Instructions to follow: In the listing that follows, how many lines contain the string "flags"? Provide only the number.

Dataset content:
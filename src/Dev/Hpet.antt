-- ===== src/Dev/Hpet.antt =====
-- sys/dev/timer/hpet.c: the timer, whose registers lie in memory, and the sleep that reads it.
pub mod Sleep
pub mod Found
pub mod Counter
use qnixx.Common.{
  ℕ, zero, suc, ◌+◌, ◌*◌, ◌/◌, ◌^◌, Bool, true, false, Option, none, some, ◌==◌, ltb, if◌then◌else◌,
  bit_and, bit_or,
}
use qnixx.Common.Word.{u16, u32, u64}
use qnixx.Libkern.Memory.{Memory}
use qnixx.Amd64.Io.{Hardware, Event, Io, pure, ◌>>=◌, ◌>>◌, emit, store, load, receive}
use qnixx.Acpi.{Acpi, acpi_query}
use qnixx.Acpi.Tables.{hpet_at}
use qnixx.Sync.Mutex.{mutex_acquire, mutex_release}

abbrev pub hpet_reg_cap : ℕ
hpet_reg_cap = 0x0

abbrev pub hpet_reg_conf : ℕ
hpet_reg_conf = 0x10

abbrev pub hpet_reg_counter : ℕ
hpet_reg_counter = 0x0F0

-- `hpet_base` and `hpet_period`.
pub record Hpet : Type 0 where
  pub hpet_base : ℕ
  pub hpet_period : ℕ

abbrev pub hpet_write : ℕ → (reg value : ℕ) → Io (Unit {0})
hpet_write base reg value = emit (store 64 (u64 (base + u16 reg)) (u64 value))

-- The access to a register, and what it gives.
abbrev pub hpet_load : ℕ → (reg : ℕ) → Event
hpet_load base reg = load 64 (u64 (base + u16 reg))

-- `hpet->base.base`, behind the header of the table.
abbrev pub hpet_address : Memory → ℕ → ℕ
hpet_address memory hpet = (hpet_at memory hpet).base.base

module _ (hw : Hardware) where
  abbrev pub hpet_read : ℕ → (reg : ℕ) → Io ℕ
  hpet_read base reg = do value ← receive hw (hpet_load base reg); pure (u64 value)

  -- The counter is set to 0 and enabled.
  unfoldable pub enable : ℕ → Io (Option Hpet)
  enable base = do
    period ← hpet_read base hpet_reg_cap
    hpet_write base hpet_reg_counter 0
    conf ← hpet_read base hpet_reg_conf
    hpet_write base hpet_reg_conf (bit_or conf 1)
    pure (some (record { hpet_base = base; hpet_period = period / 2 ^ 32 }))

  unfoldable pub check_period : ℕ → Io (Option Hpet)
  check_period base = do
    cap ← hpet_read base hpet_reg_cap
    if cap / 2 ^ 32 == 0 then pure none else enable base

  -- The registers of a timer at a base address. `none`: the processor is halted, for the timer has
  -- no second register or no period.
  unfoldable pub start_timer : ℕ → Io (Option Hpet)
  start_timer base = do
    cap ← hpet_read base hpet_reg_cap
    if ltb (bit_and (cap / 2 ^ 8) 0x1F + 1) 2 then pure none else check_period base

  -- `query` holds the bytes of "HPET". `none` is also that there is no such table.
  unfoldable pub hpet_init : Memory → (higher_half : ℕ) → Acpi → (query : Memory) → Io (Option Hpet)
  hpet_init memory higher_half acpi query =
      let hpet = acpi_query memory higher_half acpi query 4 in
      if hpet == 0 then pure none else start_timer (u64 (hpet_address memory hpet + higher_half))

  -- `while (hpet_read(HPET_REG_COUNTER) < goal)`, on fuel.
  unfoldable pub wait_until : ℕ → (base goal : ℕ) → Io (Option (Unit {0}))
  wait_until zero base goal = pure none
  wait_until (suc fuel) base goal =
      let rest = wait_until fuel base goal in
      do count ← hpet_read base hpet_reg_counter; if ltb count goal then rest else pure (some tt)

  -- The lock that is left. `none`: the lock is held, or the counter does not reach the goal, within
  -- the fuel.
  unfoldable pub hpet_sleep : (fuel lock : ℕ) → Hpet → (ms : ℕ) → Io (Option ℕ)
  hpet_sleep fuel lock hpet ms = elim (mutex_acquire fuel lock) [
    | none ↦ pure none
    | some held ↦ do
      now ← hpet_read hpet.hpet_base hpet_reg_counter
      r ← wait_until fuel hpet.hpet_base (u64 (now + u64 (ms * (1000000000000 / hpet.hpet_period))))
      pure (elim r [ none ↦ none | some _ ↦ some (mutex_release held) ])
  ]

---

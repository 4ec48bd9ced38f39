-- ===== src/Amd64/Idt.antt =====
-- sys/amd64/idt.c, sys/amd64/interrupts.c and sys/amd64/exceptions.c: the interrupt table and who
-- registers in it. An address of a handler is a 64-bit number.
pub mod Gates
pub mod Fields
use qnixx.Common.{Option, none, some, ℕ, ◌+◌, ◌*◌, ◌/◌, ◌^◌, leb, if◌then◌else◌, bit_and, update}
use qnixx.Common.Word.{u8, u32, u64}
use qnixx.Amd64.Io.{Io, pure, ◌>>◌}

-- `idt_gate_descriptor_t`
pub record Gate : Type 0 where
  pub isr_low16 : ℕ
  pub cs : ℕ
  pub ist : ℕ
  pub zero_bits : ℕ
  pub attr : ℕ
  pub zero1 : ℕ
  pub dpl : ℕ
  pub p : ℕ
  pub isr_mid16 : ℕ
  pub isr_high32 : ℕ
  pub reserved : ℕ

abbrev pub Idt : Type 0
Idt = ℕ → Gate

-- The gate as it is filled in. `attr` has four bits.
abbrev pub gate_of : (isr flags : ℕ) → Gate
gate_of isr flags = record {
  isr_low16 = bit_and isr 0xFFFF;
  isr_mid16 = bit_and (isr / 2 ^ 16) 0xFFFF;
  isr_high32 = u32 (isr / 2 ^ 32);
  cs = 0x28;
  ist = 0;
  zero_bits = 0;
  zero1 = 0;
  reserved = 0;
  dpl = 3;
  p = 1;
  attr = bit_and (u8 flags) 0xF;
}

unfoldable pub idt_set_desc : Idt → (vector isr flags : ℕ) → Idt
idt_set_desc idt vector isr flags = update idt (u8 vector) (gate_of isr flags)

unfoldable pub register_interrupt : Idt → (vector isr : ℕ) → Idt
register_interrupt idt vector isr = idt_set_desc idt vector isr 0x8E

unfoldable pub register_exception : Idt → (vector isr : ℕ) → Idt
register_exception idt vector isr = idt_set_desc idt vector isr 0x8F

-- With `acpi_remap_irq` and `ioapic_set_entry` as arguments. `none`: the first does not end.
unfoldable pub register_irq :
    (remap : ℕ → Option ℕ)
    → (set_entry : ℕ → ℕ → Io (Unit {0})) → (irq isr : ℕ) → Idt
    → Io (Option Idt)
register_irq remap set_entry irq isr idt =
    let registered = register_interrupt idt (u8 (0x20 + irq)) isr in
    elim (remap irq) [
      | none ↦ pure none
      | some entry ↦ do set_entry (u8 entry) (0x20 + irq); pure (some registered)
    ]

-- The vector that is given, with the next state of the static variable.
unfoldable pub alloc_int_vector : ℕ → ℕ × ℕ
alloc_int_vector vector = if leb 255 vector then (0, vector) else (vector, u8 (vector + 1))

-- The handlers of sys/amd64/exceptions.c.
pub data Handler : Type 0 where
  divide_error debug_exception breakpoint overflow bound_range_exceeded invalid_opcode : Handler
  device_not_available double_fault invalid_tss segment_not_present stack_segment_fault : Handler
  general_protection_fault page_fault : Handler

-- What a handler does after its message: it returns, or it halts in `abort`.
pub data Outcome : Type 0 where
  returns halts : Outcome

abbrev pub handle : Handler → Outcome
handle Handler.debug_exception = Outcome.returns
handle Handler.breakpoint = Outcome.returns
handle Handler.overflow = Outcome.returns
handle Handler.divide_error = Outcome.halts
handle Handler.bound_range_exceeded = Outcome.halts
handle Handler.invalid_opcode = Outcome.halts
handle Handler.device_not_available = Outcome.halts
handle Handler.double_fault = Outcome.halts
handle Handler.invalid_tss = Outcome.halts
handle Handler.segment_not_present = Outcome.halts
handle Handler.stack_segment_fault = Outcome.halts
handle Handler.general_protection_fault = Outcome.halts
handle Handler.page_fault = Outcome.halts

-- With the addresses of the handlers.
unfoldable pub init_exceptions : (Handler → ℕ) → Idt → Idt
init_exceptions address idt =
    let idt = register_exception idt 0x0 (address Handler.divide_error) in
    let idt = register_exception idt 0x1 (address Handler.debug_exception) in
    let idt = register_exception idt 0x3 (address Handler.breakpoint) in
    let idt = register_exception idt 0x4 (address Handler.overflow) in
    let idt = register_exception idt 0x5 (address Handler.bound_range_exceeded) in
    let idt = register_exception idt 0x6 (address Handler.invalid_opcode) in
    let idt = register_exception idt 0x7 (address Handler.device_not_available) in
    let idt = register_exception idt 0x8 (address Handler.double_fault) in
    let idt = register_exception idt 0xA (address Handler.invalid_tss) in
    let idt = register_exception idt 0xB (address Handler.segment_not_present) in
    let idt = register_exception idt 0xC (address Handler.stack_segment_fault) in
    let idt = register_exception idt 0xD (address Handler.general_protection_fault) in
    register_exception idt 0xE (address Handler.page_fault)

---

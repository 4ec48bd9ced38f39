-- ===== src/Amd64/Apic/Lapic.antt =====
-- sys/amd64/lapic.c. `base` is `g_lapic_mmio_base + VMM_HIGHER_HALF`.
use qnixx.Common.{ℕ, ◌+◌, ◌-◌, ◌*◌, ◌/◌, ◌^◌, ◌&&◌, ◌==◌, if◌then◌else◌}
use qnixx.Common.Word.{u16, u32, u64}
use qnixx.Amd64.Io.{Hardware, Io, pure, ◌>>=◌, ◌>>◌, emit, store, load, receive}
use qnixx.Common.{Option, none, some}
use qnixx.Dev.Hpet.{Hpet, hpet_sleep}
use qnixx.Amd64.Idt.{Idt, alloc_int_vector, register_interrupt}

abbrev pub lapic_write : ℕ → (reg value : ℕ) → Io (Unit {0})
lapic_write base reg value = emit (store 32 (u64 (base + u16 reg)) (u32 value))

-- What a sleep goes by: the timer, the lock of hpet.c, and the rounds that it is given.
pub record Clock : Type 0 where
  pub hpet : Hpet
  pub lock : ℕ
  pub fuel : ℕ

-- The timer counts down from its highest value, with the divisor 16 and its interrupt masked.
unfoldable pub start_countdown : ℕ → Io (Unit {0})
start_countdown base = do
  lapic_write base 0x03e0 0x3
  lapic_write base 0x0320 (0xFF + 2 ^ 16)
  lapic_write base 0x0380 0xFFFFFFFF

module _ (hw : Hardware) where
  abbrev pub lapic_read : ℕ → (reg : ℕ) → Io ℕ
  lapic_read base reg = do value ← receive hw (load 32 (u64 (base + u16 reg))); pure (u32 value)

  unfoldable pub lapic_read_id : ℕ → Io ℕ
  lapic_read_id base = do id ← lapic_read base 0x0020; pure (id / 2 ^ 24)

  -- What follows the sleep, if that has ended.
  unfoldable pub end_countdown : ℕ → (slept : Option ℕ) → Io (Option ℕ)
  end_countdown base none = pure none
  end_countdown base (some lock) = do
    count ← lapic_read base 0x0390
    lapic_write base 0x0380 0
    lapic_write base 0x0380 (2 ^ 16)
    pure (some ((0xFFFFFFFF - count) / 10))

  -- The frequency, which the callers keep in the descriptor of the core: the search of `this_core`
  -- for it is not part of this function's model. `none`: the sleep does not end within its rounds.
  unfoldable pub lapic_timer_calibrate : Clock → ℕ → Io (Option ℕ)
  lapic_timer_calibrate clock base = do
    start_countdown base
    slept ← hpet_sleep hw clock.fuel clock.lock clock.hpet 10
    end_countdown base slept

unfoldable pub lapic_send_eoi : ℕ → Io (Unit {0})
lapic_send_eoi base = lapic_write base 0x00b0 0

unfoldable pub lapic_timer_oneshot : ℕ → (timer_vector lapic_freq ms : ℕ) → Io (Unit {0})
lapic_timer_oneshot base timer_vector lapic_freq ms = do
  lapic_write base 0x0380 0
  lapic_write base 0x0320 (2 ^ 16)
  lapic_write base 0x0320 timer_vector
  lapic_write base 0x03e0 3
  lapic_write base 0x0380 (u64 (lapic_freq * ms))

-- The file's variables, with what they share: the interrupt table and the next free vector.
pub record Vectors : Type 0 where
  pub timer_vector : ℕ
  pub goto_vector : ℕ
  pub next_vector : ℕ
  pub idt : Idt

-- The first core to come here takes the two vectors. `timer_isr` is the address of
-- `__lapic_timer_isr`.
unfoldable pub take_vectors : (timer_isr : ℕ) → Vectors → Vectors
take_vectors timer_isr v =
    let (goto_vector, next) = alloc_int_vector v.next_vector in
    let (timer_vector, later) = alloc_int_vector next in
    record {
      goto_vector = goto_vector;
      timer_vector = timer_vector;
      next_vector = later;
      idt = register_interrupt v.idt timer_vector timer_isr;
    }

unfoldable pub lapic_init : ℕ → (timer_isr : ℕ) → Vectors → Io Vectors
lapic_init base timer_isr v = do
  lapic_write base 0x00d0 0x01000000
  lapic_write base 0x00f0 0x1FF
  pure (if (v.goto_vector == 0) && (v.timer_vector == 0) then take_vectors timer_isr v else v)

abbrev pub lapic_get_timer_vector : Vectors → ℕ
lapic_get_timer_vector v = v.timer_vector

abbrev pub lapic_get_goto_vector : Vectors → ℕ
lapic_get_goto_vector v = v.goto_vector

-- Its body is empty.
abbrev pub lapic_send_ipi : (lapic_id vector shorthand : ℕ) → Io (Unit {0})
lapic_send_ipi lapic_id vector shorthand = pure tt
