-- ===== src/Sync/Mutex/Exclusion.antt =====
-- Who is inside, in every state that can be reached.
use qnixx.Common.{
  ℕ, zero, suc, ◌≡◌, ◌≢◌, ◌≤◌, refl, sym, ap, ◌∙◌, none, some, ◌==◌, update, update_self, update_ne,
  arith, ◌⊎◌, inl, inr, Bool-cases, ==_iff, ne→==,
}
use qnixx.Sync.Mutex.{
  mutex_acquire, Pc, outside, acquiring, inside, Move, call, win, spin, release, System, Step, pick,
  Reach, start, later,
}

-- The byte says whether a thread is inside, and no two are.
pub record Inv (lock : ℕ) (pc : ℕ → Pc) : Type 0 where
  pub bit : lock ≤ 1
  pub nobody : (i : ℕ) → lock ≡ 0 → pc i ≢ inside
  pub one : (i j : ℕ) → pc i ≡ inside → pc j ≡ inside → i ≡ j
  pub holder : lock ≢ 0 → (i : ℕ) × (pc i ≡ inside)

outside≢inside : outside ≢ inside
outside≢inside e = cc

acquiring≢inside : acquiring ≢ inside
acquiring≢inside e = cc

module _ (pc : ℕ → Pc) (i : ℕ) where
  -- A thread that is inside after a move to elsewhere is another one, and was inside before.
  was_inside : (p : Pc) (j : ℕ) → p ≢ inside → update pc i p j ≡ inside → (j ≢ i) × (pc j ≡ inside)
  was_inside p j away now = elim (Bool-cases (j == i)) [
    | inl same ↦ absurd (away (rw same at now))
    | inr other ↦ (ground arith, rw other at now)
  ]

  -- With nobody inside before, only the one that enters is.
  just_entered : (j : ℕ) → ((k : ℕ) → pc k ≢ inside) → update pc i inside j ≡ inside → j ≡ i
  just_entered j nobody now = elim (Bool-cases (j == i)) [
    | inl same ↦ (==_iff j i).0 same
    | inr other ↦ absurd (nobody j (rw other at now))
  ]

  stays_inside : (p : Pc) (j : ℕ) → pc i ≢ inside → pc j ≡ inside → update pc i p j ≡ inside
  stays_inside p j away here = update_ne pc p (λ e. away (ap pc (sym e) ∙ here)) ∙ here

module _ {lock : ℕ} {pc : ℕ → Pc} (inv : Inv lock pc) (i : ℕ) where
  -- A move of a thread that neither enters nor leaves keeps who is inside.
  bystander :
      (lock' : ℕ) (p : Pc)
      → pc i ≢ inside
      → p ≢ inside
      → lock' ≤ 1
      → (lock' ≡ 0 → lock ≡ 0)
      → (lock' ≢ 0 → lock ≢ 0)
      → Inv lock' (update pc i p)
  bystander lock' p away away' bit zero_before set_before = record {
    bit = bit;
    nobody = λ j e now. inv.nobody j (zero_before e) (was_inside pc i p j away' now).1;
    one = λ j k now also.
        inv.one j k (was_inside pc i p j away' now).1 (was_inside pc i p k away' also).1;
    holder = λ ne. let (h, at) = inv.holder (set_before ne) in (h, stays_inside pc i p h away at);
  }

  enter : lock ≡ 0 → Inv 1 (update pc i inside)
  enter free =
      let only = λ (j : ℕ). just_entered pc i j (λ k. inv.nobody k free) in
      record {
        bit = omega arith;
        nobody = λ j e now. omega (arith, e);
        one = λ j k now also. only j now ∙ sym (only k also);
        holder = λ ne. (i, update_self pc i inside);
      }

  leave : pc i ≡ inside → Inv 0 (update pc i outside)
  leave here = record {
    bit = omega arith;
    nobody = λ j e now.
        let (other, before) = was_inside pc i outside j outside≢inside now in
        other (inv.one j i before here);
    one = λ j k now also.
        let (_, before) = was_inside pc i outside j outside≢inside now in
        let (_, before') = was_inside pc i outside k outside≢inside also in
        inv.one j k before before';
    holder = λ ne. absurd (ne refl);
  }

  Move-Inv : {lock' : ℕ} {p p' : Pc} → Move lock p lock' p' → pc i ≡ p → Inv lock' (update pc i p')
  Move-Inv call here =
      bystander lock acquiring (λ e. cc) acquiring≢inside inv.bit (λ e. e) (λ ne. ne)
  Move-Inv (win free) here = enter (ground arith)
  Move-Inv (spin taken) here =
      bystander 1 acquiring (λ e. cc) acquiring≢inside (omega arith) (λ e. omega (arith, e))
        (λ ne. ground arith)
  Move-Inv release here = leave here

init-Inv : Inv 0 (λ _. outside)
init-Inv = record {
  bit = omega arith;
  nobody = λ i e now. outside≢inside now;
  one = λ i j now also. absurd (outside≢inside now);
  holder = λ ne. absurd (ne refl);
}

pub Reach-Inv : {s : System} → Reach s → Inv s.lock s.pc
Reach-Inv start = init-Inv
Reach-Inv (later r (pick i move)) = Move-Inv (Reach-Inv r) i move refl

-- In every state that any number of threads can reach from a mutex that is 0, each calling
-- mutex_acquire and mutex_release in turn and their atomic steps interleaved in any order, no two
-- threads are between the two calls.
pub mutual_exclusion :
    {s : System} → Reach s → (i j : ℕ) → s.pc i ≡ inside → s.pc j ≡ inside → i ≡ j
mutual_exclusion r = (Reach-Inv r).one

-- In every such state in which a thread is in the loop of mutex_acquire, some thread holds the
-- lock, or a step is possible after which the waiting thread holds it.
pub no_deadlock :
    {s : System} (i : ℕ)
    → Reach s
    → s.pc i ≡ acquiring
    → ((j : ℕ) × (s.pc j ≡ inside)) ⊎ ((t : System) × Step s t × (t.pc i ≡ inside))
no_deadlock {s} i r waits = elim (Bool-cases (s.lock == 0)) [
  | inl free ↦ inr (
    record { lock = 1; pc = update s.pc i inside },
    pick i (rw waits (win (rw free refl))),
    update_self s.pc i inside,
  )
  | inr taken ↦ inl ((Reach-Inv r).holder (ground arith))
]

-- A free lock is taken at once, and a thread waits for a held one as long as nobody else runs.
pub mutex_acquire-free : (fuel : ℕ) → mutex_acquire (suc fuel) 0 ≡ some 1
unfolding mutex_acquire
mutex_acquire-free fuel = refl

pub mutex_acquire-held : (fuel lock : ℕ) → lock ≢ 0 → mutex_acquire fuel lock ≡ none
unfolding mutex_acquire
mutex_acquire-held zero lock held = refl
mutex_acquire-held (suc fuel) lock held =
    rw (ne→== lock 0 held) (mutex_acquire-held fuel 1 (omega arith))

Solved problem: 5